AIM OF THE TASK: In the records below, tally each line that contains the word "zero" and give the total only.
+---+
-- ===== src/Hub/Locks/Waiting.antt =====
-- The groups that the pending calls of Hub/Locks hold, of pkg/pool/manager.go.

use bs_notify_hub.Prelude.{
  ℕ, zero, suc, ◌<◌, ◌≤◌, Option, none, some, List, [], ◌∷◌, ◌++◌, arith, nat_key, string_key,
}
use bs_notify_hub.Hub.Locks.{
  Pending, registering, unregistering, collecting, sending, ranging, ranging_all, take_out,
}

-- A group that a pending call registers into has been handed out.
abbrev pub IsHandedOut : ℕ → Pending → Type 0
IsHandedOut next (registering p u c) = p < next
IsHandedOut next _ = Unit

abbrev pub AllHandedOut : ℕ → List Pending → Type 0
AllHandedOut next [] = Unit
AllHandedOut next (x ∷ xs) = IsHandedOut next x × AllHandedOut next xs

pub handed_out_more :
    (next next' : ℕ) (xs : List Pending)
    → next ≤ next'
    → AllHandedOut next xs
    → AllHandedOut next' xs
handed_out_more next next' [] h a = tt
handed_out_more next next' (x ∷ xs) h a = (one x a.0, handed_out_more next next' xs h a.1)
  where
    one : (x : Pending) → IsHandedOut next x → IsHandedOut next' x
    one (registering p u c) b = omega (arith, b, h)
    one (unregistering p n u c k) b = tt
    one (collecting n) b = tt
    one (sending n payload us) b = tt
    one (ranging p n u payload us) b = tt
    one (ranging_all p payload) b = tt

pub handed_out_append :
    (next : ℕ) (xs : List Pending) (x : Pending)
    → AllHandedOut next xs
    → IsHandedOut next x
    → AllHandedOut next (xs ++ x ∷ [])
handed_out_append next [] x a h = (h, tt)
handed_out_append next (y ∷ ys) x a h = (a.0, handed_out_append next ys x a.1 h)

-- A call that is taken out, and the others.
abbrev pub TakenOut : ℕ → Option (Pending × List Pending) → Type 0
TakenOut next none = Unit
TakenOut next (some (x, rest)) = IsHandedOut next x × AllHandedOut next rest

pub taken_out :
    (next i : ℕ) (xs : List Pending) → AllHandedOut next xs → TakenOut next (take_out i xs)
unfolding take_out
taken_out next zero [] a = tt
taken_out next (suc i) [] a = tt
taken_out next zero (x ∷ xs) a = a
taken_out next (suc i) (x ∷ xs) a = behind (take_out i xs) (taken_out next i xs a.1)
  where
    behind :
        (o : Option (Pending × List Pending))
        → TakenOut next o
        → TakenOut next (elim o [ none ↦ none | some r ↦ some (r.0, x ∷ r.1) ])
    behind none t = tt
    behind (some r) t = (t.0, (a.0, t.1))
+---+
RESPONSE AREA: 3